Forum: Ruby Parsing xhtml with libxml

Announcement (2017-05-07): www.ruby-forum.com is now read-only since I unfortunately do not have the time to support and maintain the forum any more. Please see rubyonrails.org/community and ruby-lang.org/en/community for other Rails- und Ruby-related community platforms.
Jon S. (Guest)
on 2005-12-17 01:19
(Received via mailing list)
If you get errors complaining of undefined entities like   when
parsing xhtml it means you need to install the DTD for xhtml 1.0 or
1.1.

Example of a doctype for xhtml 1.1:
<!DOCTYPE html PUBLIC "-//W3C//DTD XHTML 1.1//EN"
"http://www.w3.org/TR/xhtml11/DTD/xhtml11.dtd">

You want to install the DTDs locally following the model in /etc/xml.
If you don't libxml will fetch the DTD from www.w3.org each time you
parse a document. Needing to install these DTDs was not obvious to me
and should be part of the documentation. There a rpm for xhtml 1.0 -
"xhtml1-dtds-1.0-7". I couldn't find one for xhtml 1.1 so I downloaded
it piecemeal from w3.org.

Installing the DTD does not automatically turn on validation. If you
want to validate you need to turn it on:
XML::Parser::default_validity_checking = TRUE

XML::Parser::default_load_external_dtd controls the loading of the
'external subset' (the definition for the character entities like
&amp;. It is defaulted to TRUE.

XML::Parser::default_load_external_dtd is broken.

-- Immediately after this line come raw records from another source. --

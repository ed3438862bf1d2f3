-- ===== src/Syscall/Transfer.antt =====
-- The system calls that read and write through a handle.
use nyxis_os.Base.{
  ℕ, zero, suc, ◌+◌, ◌-◌, ◌%◌, ◌^◌, Bool, true, false, not, ◌||◌, ◌&&◌, List, [], ◌∷◌, ◌++◌, map,
  min, length, ltb, leb, ◌==◌, if◌then◌else◌,
}
use nyxis_os.Base.Status.{Error, Result, ok, err, unsupported}
use nyxis_os.Base.Effect.{Eff, ◌>>=◌, return, lift}
use nyxis_os.Vfs.Handle.{FileHandle}
use nyxis_os.Handles.{handle_console, handle_file, right_read, right_write}
use nyxis_os.Uaccess.{User, copy_from_user, copy_to_user}
use nyxis_os.Syscall.State.{Kernel, Calls, find_slot, set_file, put_file, user_of}

-- `IO_CHUNK` and `NX_IO_MAX`
abbrev pub io_chunk : ℕ
io_chunk = 512

abbrev pub io_max : ℕ
io_max = 0x100000

-- `total ? (i64)total : (i64)status`
abbrev pub total_or : ℕ → Error → Result ℕ
total_or total e = if total == 0 then err e else ok total

-- What `printk_write` prints for a byte.
unfoldable pub printable : ℕ → ℕ
printable c =
    if c == b'\n' || (c == b'\r' || (c == b'\t' || (leb 0x20 c && leb c 0x7e))) then c else b'?'

-- What a transfer works on: the file of the slot, user memory, the file systems and the output.
pub record Stream (M Fs : Type 0) : Type 0 where
  pub file : FileHandle
  pub mem : M
  pub fs : Fs
  pub log : List ℕ

unfoldable pub printk_write : {M Fs : Type 0} → List ℕ → Stream M Fs → Stream M Fs
unfolding printable
printk_write bytes x = record x { log = x.log ++ map printable bytes }

module _ {M Fs : Type 0} (m : Calls M Fs) (u : User M) where
  -- The end of a round that has read `got` bytes, by the outcome of their copy. `next` is the rest.
  unfoldable pub after_copy :
      ℕ → ℕ → ℕ → (ℕ → Eff (Stream M Fs) ℕ) → Result (Unit {0}) × M → Eff (Stream M Fs) ℕ
  after_copy total got want next (err e, mem) x = (
    total_or total e,
    record x {
      file = record x.file { offset = (x.file.offset + 2 ^ 64 - got) % 2 ^ 64 };
      mem = mem;
    },
  )
  after_copy total got want next (ok u, mem) x =
      let y = record x { mem = mem } in
      let rest = next (total + got) y in if ltb got want then (ok (total + got), y) else rest

  unfoldable pub after_read :
      ℕ → ℕ → ℕ → (ℕ → Eff (Stream M Fs) ℕ) → Result (List ℕ) → Eff (Stream M Fs) ℕ
  unfolding after_copy
  after_read buf total want next (err e) x = (total_or total e, x)
  after_read buf total want next (ok []) x = (ok total, x)
  after_read buf total want next (ok (b ∷ bs)) x =
      after_copy total (length (b ∷ bs)) want next
        (copy_to_user u ((buf + total) % 2 ^ 64) (b ∷ bs) x.mem) x

  -- The loop of `sys_read`, with fuel: each round but the last reads a byte or more.
  unfoldable pub read_loop : ℕ → ℕ → ℕ → ℕ → Eff (Stream M Fs) ℕ
  unfolding after_read
  read_loop zero buf len total x = (ok total, x)
  read_loop (suc fuel) buf len total x =
      let want = min (len - total) io_chunk in
      let r = m.vfs_read x.file want x.fs in
      let round =
        after_read buf total want (read_loop fuel buf len) r.0
          (record x { file = r.1; fs = r.2 }) in
      if ltb total len then round else (ok total, x)

  -- What becomes of a chunk that was copied, on the console or in the file.
  unfoldable pub after_write : ℕ → ℕ → (ℕ → Eff (Stream M Fs) ℕ) → Result ℕ → Eff (Stream M Fs) ℕ
  after_write total n next (err e) x = (total_or total e, x)
  after_write total n next (ok written) x =
      let rest = next (total + n) x in if ltb written n then (ok (total + written), x) else rest

  unfoldable pub write_chunk :
      Bool → ℕ → ℕ → (ℕ → Eff (Stream M Fs) ℕ) → Result (List ℕ) → Eff (Stream M Fs) ℕ
  unfolding after_write printk_write
  write_chunk console total n next (err e) x = (total_or total e, x)
  write_chunk true total n next (ok chunk) x = next (total + n) (printk_write chunk x)
  write_chunk false total n next (ok chunk) x =
      let r = m.vfs_write x.file chunk x.fs in
      after_write total n next r.0 (record x { file = r.1; fs = r.2 })

  -- The loop of `sys_write`, with fuel.
  unfoldable pub write_loop : Bool → ℕ → ℕ → ℕ → ℕ → Eff (Stream M Fs) ℕ
  unfolding write_chunk
  write_loop console zero buf len total x = (ok total, x)
  write_loop console (suc fuel) buf len total x =
      let n = min (len - total) io_chunk in
      let round =
        write_chunk console total n (write_loop console fuel buf len)
          (copy_from_user u ((buf + total) % 2 ^ 64) n x.mem) x in
      if ltb total len then round else (ok total, x)

abbrev pub stream_of : {M Fs : Type 0} → FileHandle → Kernel M Fs → Stream M Fs
stream_of file k = record { file = file; mem = k.mem; fs = k.fs; log = k.log }

-- The slot keeps its file through the loop.
unfoldable pub on_slot :
    {M Fs : Type 0} → ℕ → FileHandle → Eff (Stream M Fs) ℕ → Eff (Kernel M Fs) ℕ
unfolding set_file
on_slot i file loop k =
    let r = loop (stream_of file k) in
    (r.0, put_file i r.1.file (record k { mem = r.1.mem; fs = r.1.fs; log = r.1.log }))

module _ {M Fs : Type 0} (m : Calls M Fs) where
  unfoldable pub sys_read : ℕ → ℕ → ℕ → Eff (Kernel M Fs) ℕ
  unfolding find_slot on_slot read_loop
  sys_read handle buf len k =
      (find_slot handle right_read >>= λ found.
      if len == 0
      then return 0
      else if not (found.1.kind == handle_file)
      then lift (err unsupported)
      else on_slot found.0 found.1.file
          (read_loop m (user_of m k) (min len io_max) buf (min len io_max) 0))
        k

  unfoldable pub sys_write : ℕ → ℕ → ℕ → Eff (Kernel M Fs) ℕ
  unfolding find_slot on_slot write_loop
  sys_write handle buf len k =
      (find_slot handle right_write >>= λ found.
      if len == 0
      then return 0
      else on_slot found.0 found.1.file (
          write_loop m (user_of m k) (found.1.kind == handle_console) (min len io_max) buf
            (min len io_max) 0))
        k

This fixes it.

Index: ruby_xml_parser.c
==========================================================
RCS file: /var/cvs/xml-tools/libxml-ruby/ruby_xml_parser.c,v
retrieving revision 1.1.1.1
diff -r1.1.1.1 ruby_xml_parser.c
274c274
<   if (xmlSubstituteEntitiesDefaultValue)
---
>   if (xmlLoadExtDtdDefaultValue)
916c916
<
ruby_xml_parser_default_load_external_dtd_set, 0);
---
>                            ruby_xml_parser_default_load_external_dtd_get, 0);
918c918
<
ruby_xml_parser_default_load_external_dtd_get, 1);
---
>                            ruby_xml_parser_default_load_external_dtd_set, 1);


Sam's patches for libxml are also needed:
http://www.intertwingly.net/blog/2005/11/05/Patch-...
Eero S. (Guest)
on 2005-12-17 01:42
Jon S. wrote:
> If you get errors complaining of undefined entities like &nbsp; when
> parsing xhtml it means you need to install the DTD for xhtml 1.0 or
> 1.1.
>
> Example of a doctype for xhtml 1.1:
> <!DOCTYPE html PUBLIC "-//W3C//DTD XHTML 1.1//EN"
> "http://www.w3.org/TR/xhtml11/DTD/xhtml11.dtd">
>
> <snip explanation & code due to ruby-forum.com />
>
> Sam's patches for libxml are also needed:
> http://www.intertwingly.net/blog/2005/11/05/Patch-...

Thank you for this!



E
--
This document is NOT valid XHTML 1.0!
Ross B. (Guest)
on 2005-12-17 02:13
(Received via mailing list)
On Fri, 16 Dec 2005 23:18:54 -0000, Jon S. 
<removed_email_address@domain.invalid>
wrote:

> If you get errors complaining of undefined entities like &nbsp; when
> parsing xhtml it means you need to install the DTD for xhtml 1.0 or
> 1.1.
>

Thanks for that. I've been gathering up problems and patches in a quiet
sort of way, but I'm not sure at the moment what's happening with the
project. I'm planning to get proactive this week and see if we can at
least get these issues sorted and the patches I have (including yours
and
Sam's) in.

Thanks,
Ross
This topic is locked and can not be replied to.